The TEA Walk in general seemed to lend itself quite well to cultural learning experiences, so much so that Service Learning Initiator Shingarai had us discuss it afterwards. It was certainly unusual to be almost entirely engulfed by Asian faces; I was probably part of the five percent or so of the crowd that did not claim Asian ancestry. And I definitely found the self-avowed "Pan-Asian" spirit of the event, sponsored by the Center for Pan-Asian Community Services (CPACS) intriguing. National and cultural divisions were downplayed in the crowd and in the speakers' remarks; people spoke to each other in a dozen languages, but everybody was wearing the same pink shirts. CPACS is apparently a place where people surrounded by difference--even in a community so heavily Korean the language is on every commercial sign, Asians of any background are still a relatively small minority--can go to be surrounded by similarity.

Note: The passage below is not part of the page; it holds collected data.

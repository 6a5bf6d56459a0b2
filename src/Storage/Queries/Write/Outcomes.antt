-- ===== src/Storage/Queries/Write/Outcomes.antt =====
-- What write_query_snapshot of storage/repositories.py leaves in the table, on every path.
use mathlib.Core.Bool.{true≢false}
use mathlib.Core.List.{append_assoc, append-nil}
use pg_monitor.Prelude.{
  ℕ, suc, ◌≡◌, refl, sym, ap, ◌∙◌, ◌⊎◌, inl, inr, Bool, true, false, Option, none, some, List, [],
  ◌∷◌, ◌++◌, map, length, arith, All, Elem, subst,
}
use pg_monitor.Exn.{Result, ok, err, storage_write_error}
use pg_monitor.Collector.Models.{StatementMetric, QuerySnapshotResult}
use pg_monitor.Storage.Orm.{QueryMetricSnapshotOrm}
use pg_monitor.Storage.Session.{Session, statement, catching, pure, ◌>>◌}
use pg_monitor.Storage.Queries.Write.{
  to_orm, same_point, fits_columns, taken, insert_all, store_rows, write_rows, write_query_snapshot,
}

some_eq : {A : Type 0} {a b : A} → some a ≡ some b → a ≡ b
some_eq e = cc

module _ {F : Type 0} where
  -- No row is at the point of an earlier one, as the unique constraint has it.
  abbrev pub DistinctPoints : List (QueryMetricSnapshotOrm F) → Type 0
  DistinctPoints [] = Unit
  DistinctPoints (row ∷ rows) = All (λ r. same_point r row ≡ false) rows × DistinctPoints rows

  -- Rows with the ids that the sequence gives them.
  abbrev pub numbered : ℕ → List (QueryMetricSnapshotOrm F) → List (QueryMetricSnapshotOrm F)
  numbered next [] = []
  numbered next (row ∷ rows) = record row { id = next } ∷ numbered (suc next) rows

  inserted :
      (next : ℕ) (row : QueryMetricSnapshotOrm F) (rows table : List (QueryMetricSnapshotOrm F))
      (t : List (QueryMetricSnapshotOrm F))
      → insert_all next (row ∷ rows) table ≡ some t
      → (fits_columns row ≡ true)
        × (taken row table ≡ false)
        × (insert_all (suc next) rows (table ++ record row { id = next } ∷ []) ≡ some t)
  unfolding insert_all
  inserted next row rows table t h = ground arith

  insert_all-eq :
      (next : ℕ) (rows table : List (QueryMetricSnapshotOrm F))
      (t : List (QueryMetricSnapshotOrm F))
      → insert_all next rows table ≡ some t
      → (t ≡ table ++ numbered next rows) × All (λ r. fits_columns r ≡ true) rows
  unfolding insert_all
  insert_all-eq next [] table t h = (sym (some_eq h) ∙ sym (append-nil table), tt)
  insert_all-eq next (row ∷ rows) table t h =
      let (fits, new, rest) = inserted next row rows table t h in
      let (e, all) = insert_all-eq (suc next) rows _ t rest in
      (e ∙ append_assoc table _ _, (fits, all))

  All-snoc :
      (P : QueryMetricSnapshotOrm F → Type 0) (rows : List (QueryMetricSnapshotOrm F))
      (row : QueryMetricSnapshotOrm F)
      → All P rows
      → P row
      → All P (rows ++ row ∷ [])
  All-snoc P [] row h p = (p, tt)
  All-snoc P (r ∷ rows) row h p = (h.0, All-snoc P rows row h.1 p)

  DistinctPoints-snoc :
      (table : List (QueryMetricSnapshotOrm F)) (row : QueryMetricSnapshotOrm F)
      → DistinctPoints table
      → taken row table ≡ false
      → DistinctPoints (table ++ row ∷ [])
  unfolding taken
  DistinctPoints-snoc [] row d n = (tt, tt)
  DistinctPoints-snoc (other ∷ table) row d n = (
    All-snoc (λ r. same_point r other ≡ false) table row d.0 (ground arith),
    DistinctPoints-snoc table row d.1 (ground arith),
  )

  insert_all-DistinctPoints :
      (next : ℕ) (rows table : List (QueryMetricSnapshotOrm F))
      (t : List (QueryMetricSnapshotOrm F))
      → insert_all next rows table ≡ some t
      → DistinctPoints table
      → DistinctPoints t
  unfolding insert_all
  insert_all-DistinctPoints next [] table t h d = subst (λ l. DistinctPoints l) (some_eq h) d
  insert_all-DistinctPoints next (row ∷ rows) table t h d =
      let (fits, new, rest) = inserted next row rows table t h in
      insert_all-DistinctPoints (suc next) rows _ t rest
        (DistinctPoints-snoc table (record row { id = next }) d new)

  -- What the write of `rows` does to the session `s`, with the result `r` and the session `s'` at its end.
  pub record IsWrite (rows : List (QueryMetricSnapshotOrm F)) (r : Result ℕ) (s s' : Session F)
      : Type 0 where
    pub outcome :
        ((r ≡ ok (length rows))
          × All (λ row. fits_columns row ≡ true) rows
          × (s'.tables ≡ record s.tables {
            query_metric_snapshots =
                s.tables.query_metric_snapshots
                ++ numbered s.sequences.query_metric_snapshots_id rows;
          }))
        ⊎ ((r ≡ err storage_write_error) × (s'.tables ≡ s.tables))
    pub stays_distinct :
        DistinctPoints s.tables.query_metric_snapshots
        → DistinctPoints s'.tables.query_metric_snapshots
    pub not_committed : s'.committed ≡ s.committed
    pub still_entered : s'.entered ≡ s.entered

  stored_lem :
      (rows : List (QueryMetricSnapshotOrm F)) (s : Session F)
      (o : Option (List (QueryMetricSnapshotOrm F)))
      → insert_all s.sequences.query_metric_snapshots_id rows s.tables.query_metric_snapshots ≡ o
      → let out =
          (catching storage_write_error (store_rows o (length rows)) >> pure (length rows)) s in
        IsWrite rows out.0 s out.1
  unfolding store_rows
  stored_lem rows s none e = record {
    outcome = inr (refl, refl);
    stays_distinct = λ d. d;
    not_committed = refl;
    still_entered = refl;
  }
  stored_lem rows s (some t) e = record {
    outcome = inl (
      refl,
      (insert_all-eq _ rows _ t e).1,
      ap (λ l. record s.tables { query_metric_snapshots = l }) (insert_all-eq _ rows _ t e).0,
    );
    stays_distinct = λ d. insert_all-DistinctPoints _ rows _ t e d;
    not_committed = refl;
    still_entered = refl;
  }

  abbrev facing : Session F → List Bool → Session F
  facing s l = record s { faults = l }

  write_rows_lem :
      (rows : List (QueryMetricSnapshotOrm F)) (s : Session F) (l : List Bool)
      → let out = write_rows rows (facing s l) in IsWrite rows out.0 (facing s l) out.1
  unfolding write_rows statement
  write_rows_lem [] s l = record {
    outcome =
        inl
          (refl, tt, ap (λ t. record s.tables { query_metric_snapshots = t }) (sym (append-nil _)));
    stays_distinct = λ d. d;
    not_committed = refl;
    still_entered = refl;
  }
  write_rows_lem (row ∷ rows) s [] = stored_lem (row ∷ rows) (facing s []) _ refl
  write_rows_lem (row ∷ rows) s (false ∷ l) =
      let w = stored_lem (row ∷ rows) (facing s l) _ refl in
      record {
        outcome = w.outcome;
        stays_distinct = w.stays_distinct;
        not_committed = w.not_committed;
        still_entered = w.still_entered;
      }
  write_rows_lem (row ∷ rows) s (true ∷ l) = record {
    outcome = inr (refl, refl);
    stays_distinct = λ d. d;
    not_committed = refl;
    still_entered = refl;
  }

  -- On every session, the write of a snapshot either returns the number of its statements, all of which fit their
  -- columns, and has appended their rows with the ids of the sequence, or raises StorageWriteError and has changed no
  -- table. In both cases a table with no two rows at one point stays so, nothing is committed, and the unit of work
  -- still holds the session.
  pub write_query_snapshot-IsWrite :
      (snapshot : QuerySnapshotResult F) (s : Session F)
      → let out = write_query_snapshot snapshot s in
        IsWrite (map (to_orm snapshot) snapshot.statements) out.0 s out.1
  unfolding write_query_snapshot
  write_query_snapshot-IsWrite snapshot s =
      write_rows_lem (map (to_orm snapshot) snapshot.statements) s s.faults

All-map-Elem :
    {A B : Type 0} (f : A → B) (P : B → Type 0) (xs : List A) (a : A)
    → Elem a xs
    → All P (map f xs)
    → P (f a)
All-map-Elem f P [] a m h = absurd m
All-map-Elem f P (x ∷ xs) a (inl e) h = subst (λ y. P (f y)) (sym e) h.0
All-map-Elem f P (x ∷ xs) a (inr m) h = All-map-Elem f P xs a m h.1

-- A snapshot with a statement whose `dbid` or another value its column does not hold is not written at all: the write
-- raises StorageWriteError and changes no table, whatever the other statements are.
pub write_query_snapshot-misfit :
    {F : Type 0} (snapshot : QuerySnapshotResult F) (s : Session F) (metric : StatementMetric F)
    → Elem metric snapshot.statements
    → fits_columns (to_orm snapshot metric) ≡ false
    → let out = write_query_snapshot snapshot s in
      (out.0 ≡ err storage_write_error) × (out.1.tables ≡ s.tables)
write_query_snapshot-misfit snapshot s metric at misfit =
    elim (write_query_snapshot-IsWrite snapshot s).outcome [
      | inl w ↦ absurd (
          true≢false (
            sym (
              All-map-Elem (to_orm snapshot) (λ r. fits_columns r ≡ true) snapshot.statements metric
                at w.1)
            ∙ misfit))
      | inr w ↦ w
    ]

I guess I can relate, in a small and different way, to the feeling of entering a space where people share feelings and beliefs similar to my own. Disclaimer time. Racially and sexually, I'm so pasty and straightlaced as to be a model of the dominant cultural ideal in this country, and have nothing to complain about on that score. Speaking as a Jew, though, I know what it's like to be surrounded by gentiles almost all the time. When I went to Israel, it felt like coming home, but it was also profoundly weird. Hell, just being on a bus full of Jews was weird, never mind an entire nation. I can definitely relate to the sense of wanting to be among your own, though.
So that was the TEA walk. I got to do some volunteer work, I got six Individual Service Project hours, I got some exposure to cultures different from my own and I got some things to think about in the bargain. If this is a typical NCCC weekend, I'm down to keep it going.